**THE DATA:**
----

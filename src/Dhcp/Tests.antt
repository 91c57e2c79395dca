-- ===== src/Dhcp/Tests.antt =====
-- dhcp.c on a network of three host bits as `DhcpCreate` makes it, and on a full one of one host bit.
use daher_repo.Prelude.{
  ℕ, ◌-◌, ◌%◌, ◌^◌, ◌≡◌, refl, Bool, true, false, not, ◌||◌, ◌==◌, some, inr, arith, if◌then◌else◌,
}
use daher_repo.Dhcp.{
  Node, null, node, Dhcp, success, with_root, direction_of, node_create, allocate_ip,
  allocate_smallest_ip, is_occupied, dhcp_free_ip, count_free, dhcp_create, enter, get_direction,
  update_fullness, num_of_bits, host_part,
}
use daher_repo.Dhcp.Trie.{is_taken, Marks}
use daher_repo.Dhcp.Freeing.{leaf_missing, is_occupied-is_taken}
use daher_repo.Dhcp.Counting.{count_below}
use daher_repo.Dhcp.Network.{IsDhcp, width, has, dhcp_free_ip_lem, count_free_lem}
use daher_repo.Dhcp.Smallest.{IsSmallest}
use daher_repo.Dhcp.Assigning.{
  Assigned, Served, allocate_ip-IsSmallest, allocate_ip_requested, allocate_ip-IsDhcp,
}
use daher_repo.Prelude.{ltb, lt→ltb, ge→ltb, List, [], ◌∷◌, ◌++◌, ◌/◌, ◌<◌}
use daher_repo.Dhcp.Text.{
  IsDecimal, Prints, chars, string_to_ip, ip_to_string, string_to_ip-ip_to_string,
}
use native.Mathlib.Decide.{dec_lt}
use daher_repo.Dhcp.Creating.{dhcp_create_lem}

abbrev leaf : Node
leaf = node null null true

abbrev spine : Node
spine = node (node (node leaf null false) null false) (node null (node null leaf false) false) false

-- 192.168.1.0/29
abbrev eight : Dhcp
eight = record { root = spine; num_of_bits_for_network = 29; sub_net = 3232235776 }

abbrev always : ℕ → Bool
always m = true

eight-IsDhcp : IsDhcp eight
eight-IsDhcp = record {
  hosts = omega arith;
  trie = ((((refl, refl), tt, refl), tt, refl), (tt, (tt, (refl, refl), refl), refl), refl);
  there = refl;
}

has_seven : has eight 7 ≡ true
unfolding is_taken direction_of
has_seven = refl

-- the first address given is 192.168.1.1
first_given :
    allocate_ip always eight 0 0
    ≡ some (
      with_root eight (
          node
            (node (node leaf leaf true) null false)
            (node null (node null leaf false) false)
            false),
      3232235777,
      success,
    )
unfolding allocate_ip allocate_smallest_ip num_of_bits host_part is_occupied enter node_create
    get_direction update_fullness direction_of
first_given = refl

allocate_ip-IsDhcp_example : Served always eight 5 4
allocate_ip-IsDhcp_example = allocate_ip-IsDhcp always eight 5 4 eight-IsDhcp (omega arith)

allocate_ip-IsSmallest_example : (a : ℕ) × IsSmallest 3 spine a × Assigned always eight 5 7 a
allocate_ip-IsSmallest_example =
    allocate_ip-IsSmallest always eight 5 7 eight-IsDhcp (omega arith) refl (inr has_seven)

allocate_ip_requested_example : Assigned always eight 5 4 4
allocate_ip_requested_example =
    allocate_ip_requested always eight 5 4 eight-IsDhcp (λ e. absurd (omega (arith, e)))
      (unfold is_taken direction_of in refl) (unfold leaf_missing direction_of in refl)

abbrev given_one : Dhcp
given_one =
    with_root eight
      (node (node (node leaf leaf true) null false) (node null (node null leaf false) false) false)

given_one-IsDhcp : IsDhcp given_one
given_one-IsDhcp = record {
  hosts = omega arith;
  trie =
      ((((refl, refl), (refl, refl), refl), tt, refl), (tt, (tt, (refl, refl), refl), refl), refl);
  there = refl;
}

dhcp_free_ip_lem_example :
    (u : Node) × (dhcp_free_ip given_one 3232235777 ≡ some (with_root given_one u, success))
    × IsDhcp (with_root given_one u)
    × Marks 3 given_one.root u 3232235777 false
dhcp_free_ip_lem_example =
    dhcp_free_ip_lem given_one 3232235777 given_one-IsDhcp
      ((λ e. absurd (omega (arith, e))), (λ e. absurd (omega (arith, e))))
      (unfold is_taken direction_of in refl)

is_occupied-is_taken_example :
    is_occupied spine 6 3 ≡ (is_taken spine 6 3 || leaf_missing spine 6 3)
is_occupied-is_taken_example = is_occupied-is_taken 3 spine 6 eight-IsDhcp.trie

count_free_lem_example : count_free eight ≡ count_below 8 (λ j. not (has eight j))
count_free_lem_example = count_free_lem eight eight-IsDhcp

dhcp_create_lem_example :
    (d : Dhcp) × (dhcp_create true true always always 3232235776 29 ≡ some (some d))
    × IsDhcp d
    × (width d ≡ 3)
    × (d.sub_net ≡ 3232235776)
    × ((j : ℕ) → has d j ≡ ((j % 2 ^ width d == 0) || (j % 2 ^ width d == 2 ^ width d - 1)))
dhcp_create_lem_example =
    dhcp_create_lem always always 3232235776 29 (λ m. refl) (λ m. refl) (omega arith)

abbrev all_but_one : ℕ → Bool
all_but_one m = not (m == 1)

-- a number below 1000 in decimal digits, and what `sprintf` prints of four
abbrev digits : ℕ → List ℕ
digits b =
    if ltb b 10
    then b ∷ []
    else if ltb b 100
    then b / 10 ∷ b % 10 ∷ []
    else b / 100 ∷ b / 10 % 10 ∷ b % 10 ∷ []

digits-IsDecimal : (b : ℕ) → b < 256 → IsDecimal (digits b) b
digits-IsDecimal b h = elim (dec_lt b 10) [
  | yes one ↦
      rw (lt→ltb b 10 one)
        (record { digits = (one, tt); some_digit = omega arith; value = omega arith })
  | no more ↦ elim (dec_lt b 100) [
    | yes below ↦
        rw (ge→ltb b 10 (omega arith), lt→ltb b 100 below)
          (record {
            digits = (omega (arith, below), (omega arith, tt));
            some_digit = omega arith;
            value = omega arith;
          })
    | no large ↦
        rw (ge→ltb b 10 (omega arith), ge→ltb b 100 (omega arith))
          (record {
            digits = (omega (arith, h), (omega arith, (omega arith, tt)));
            some_digit = omega arith;
            value = omega (arith, h);
          })
  ]
]

abbrev sprintf : ℕ → ℕ → ℕ → ℕ → List ℕ
sprintf a b c d =
    chars (digits a)
    ++ (46
        ∷ (chars (digits b) ++ (46 ∷ (chars (digits c) ++ (46 ∷ (chars (digits d) ++ (0 ∷ [])))))))

sprintf-Prints : Prints sprintf
unfolding Prints
sprintf-Prints a b c d ha hb hc hd = (
  digits a,
  digits b,
  digits c,
  digits d,
  digits-IsDecimal a ha,
  digits-IsDecimal b hb,
  digits-IsDecimal c hc,
  digits-IsDecimal d hd,
  refl,
)

string_to_ip-ip_to_string_example : string_to_ip (ip_to_string sprintf 3232235777) ≡ some 3232235777
string_to_ip-ip_to_string_example =
    string_to_ip-ip_to_string sprintf 3232235777 sprintf-Prints (omega arith)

----

**TASK STATEMENT:**
Each line of the data is to be transcribed exactly.

**PROBLEM SOLUTION:**
filename src/Dhcp/Tests.antt
repository 91c57e2c79395dca
-- ===== src/Dhcp/Tests.antt =====
-- dhcp.c on a network of three host bits as `DhcpCreate` makes it, and on a full one of one host bit.
use daher_repo.Prelude.{
  ℕ, ◌-◌, ◌%◌, ◌^◌, ◌≡◌, refl, Bool, true, false, not, ◌||◌, ◌==◌, some, inr, arith, if◌then◌else◌,
}
use daher_repo.Dhcp.{
  Node, null, node, Dhcp, success, with_root, direction_of, node_create, allocate_ip,
  allocate_smallest_ip, is_occupied, dhcp_free_ip, count_free, dhcp_create, enter, get_direction,
  update_fullness, num_of_bits, host_part,
}
use daher_repo.Dhcp.Trie.{is_taken, Marks}
use daher_repo.Dhcp.Freeing.{leaf_missing, is_occupied-is_taken}
use daher_repo.Dhcp.Counting.{count_below}
use daher_repo.Dhcp.Network.{IsDhcp, width, has, dhcp_free_ip_lem, count_free_lem}
use daher_repo.Dhcp.Smallest.{IsSmallest}
use daher_repo.Dhcp.Assigning.{
  Assigned, Served, allocate_ip-IsSmallest, allocate_ip_requested, allocate_ip-IsDhcp,
}
use daher_repo.Prelude.{ltb, lt→ltb, ge→ltb, List, [], ◌∷◌, ◌++◌, ◌/◌, ◌<◌}
use daher_repo.Dhcp.Text.{
  IsDecimal, Prints, chars, string_to_ip, ip_to_string, string_to_ip-ip_to_string,
}
use native.Mathlib.Decide.{dec_lt}
use daher_repo.Dhcp.Creating.{dhcp_create_lem}

abbrev leaf : Node
leaf = node null null true

abbrev spine : Node
spine = node (node (node leaf null false) null false) (node null (node null leaf false) false) false

-- 192.168.1.0/29
abbrev eight : Dhcp
eight = record { root = spine; num_of_bits_for_network = 29; sub_net = 3232235776 }

abbrev always : ℕ → Bool
always m = true

eight-IsDhcp : IsDhcp eight
eight-IsDhcp = record {
  hosts = omega arith;
  trie = ((((refl, refl), tt, refl), tt, refl), (tt, (tt, (refl, refl), refl), refl), refl);
  there = refl;
}

has_seven : has eight 7 ≡ true
unfolding is_taken direction_of
has_seven = refl

-- the first address given is 192.168.1.1
first_given :
    allocate_ip always eight 0 0
    ≡ some (
      with_root eight (
          node
            (node (node leaf leaf true) null false)
            (node null (node null leaf false) false)
            false),
      3232235777,
      success,
    )
unfolding allocate_ip allocate_smallest_ip num_of_bits host_part is_occupied enter node_create
    get_direction update_fullness direction_of
first_given = refl

allocate_ip-IsDhcp_example : Served always eight 5 4
allocate_ip-IsDhcp_example = allocate_ip-IsDhcp always eight 5 4 eight-IsDhcp (omega arith)

allocate_ip-IsSmallest_example : (a : ℕ) × IsSmallest 3 spine a × Assigned always eight 5 7 a
allocate_ip-IsSmallest_example =
    allocate_ip-IsSmallest always eight 5 7 eight-IsDhcp (omega arith) refl (inr has_seven)

allocate_ip_requested_example : Assigned always eight 5 4 4
allocate_ip_requested_example =
    allocate_ip_requested always eight 5 4 eight-IsDhcp (λ e. absurd (omega (arith, e)))
      (unfold is_taken direction_of in refl) (unfold leaf_missing direction_of in refl)

abbrev given_one : Dhcp
given_one =
    with_root eight
      (node (node (node leaf leaf true) null false) (node null (node null leaf false) false) false)

given_one-IsDhcp : IsDhcp given_one
given_one-IsDhcp = record {
  hosts = omega arith;
  trie =
      ((((refl, refl), (refl, refl), refl), tt, refl), (tt, (tt, (refl, refl), refl), refl), refl);
  there = refl;
}

dhcp_free_ip_lem_example :
    (u : Node) × (dhcp_free_ip given_one 3232235777 ≡ some (with_root given_one u, success))
    × IsDhcp (with_root given_one u)
    × Marks 3 given_one.root u 3232235777 false
dhcp_free_ip_lem_example =
    dhcp_free_ip_lem given_one 3232235777 given_one-IsDhcp
      ((λ e. absurd (omega (arith, e))), (λ e. absurd (omega (arith, e))))
      (unfold is_taken direction_of in refl)

is_occupied-is_taken_example :
    is_occupied spine 6 3 ≡ (is_taken spine 6 3 || leaf_missing spine 6 3)
is_occupied-is_taken_example = is_occupied-is_taken 3 spine 6 eight-IsDhcp.trie

count_free_lem_example : count_free eight ≡ count_below 8 (λ j. not (has eight j))
count_free_lem_example = count_free_lem eight eight-IsDhcp

dhcp_create_lem_example :
    (d : Dhcp) × (dhcp_create true true always always 3232235776 29 ≡ some (some d))
    × IsDhcp d
    × (width d ≡ 3)
    × (d.sub_net ≡ 3232235776)
    × ((j : ℕ) → has d j ≡ ((j % 2 ^ width d == 0) || (j % 2 ^ width d == 2 ^ width d - 1)))
dhcp_create_lem_example =
    dhcp_create_lem always always 3232235776 29 (λ m. refl) (λ m. refl) (omega arith)

abbrev all_but_one : ℕ → Bool
all_but_one m = not (m == 1)

-- a number below 1000 in decimal digits, and what `sprintf` prints of four
abbrev digits : ℕ → List ℕ
digits b =
    if ltb b 10
    then b ∷ []
    else if ltb b 100
    then b / 10 ∷ b % 10 ∷ []
    else b / 100 ∷ b / 10 % 10 ∷ b % 10 ∷ []

digits-IsDecimal : (b : ℕ) → b < 256 → IsDecimal (digits b) b
digits-IsDecimal b h = elim (dec_lt b 10) [
  | yes one ↦
      rw (lt→ltb b 10 one)
        (record { digits = (one, tt); some_digit = omega arith; value = omega arith })
  | no more ↦ elim (dec_lt b 100) [
    | yes below ↦
        rw (ge→ltb b 10 (omega arith), lt→ltb b 100 below)
          (record {
            digits = (omega (arith, below), (omega arith, tt));
            some_digit = omega arith;
            value = omega arith;
          })
    | no large ↦
        rw (ge→ltb b 10 (omega arith), ge→ltb b 100 (omega arith))
          (record {
            digits = (omega (arith, h), (omega arith, (omega arith, tt)));
            some_digit = omega arith;
            value = omega (arith, h);
          })
  ]
]

abbrev sprintf : ℕ → ℕ → ℕ → ℕ → List ℕ
sprintf a b c d =
    chars (digits a)
    ++ (46
        ∷ (chars (digits b) ++ (46 ∷ (chars (digits c) ++ (46 ∷ (chars (digits d) ++ (0 ∷ [])))))))

sprintf-Prints : Prints sprintf
unfolding Prints
sprintf-Prints a b c d ha hb hc hd = (
  digits a,
  digits b,
  digits c,
  digits d,
  digits-IsDecimal a ha,
  digits-IsDecimal b hb,
  digits-IsDecimal c hc,
  digits-IsDecimal d hd,
  refl,
)

string_to_ip-ip_to_string_example : string_to_ip (ip_to_string sprintf 3232235777) ≡ some 3232235777
string_to_ip-ip_to_string_example =
    string_to_ip-ip_to_string sprintf 3232235777 sprintf-Prints (omega arith)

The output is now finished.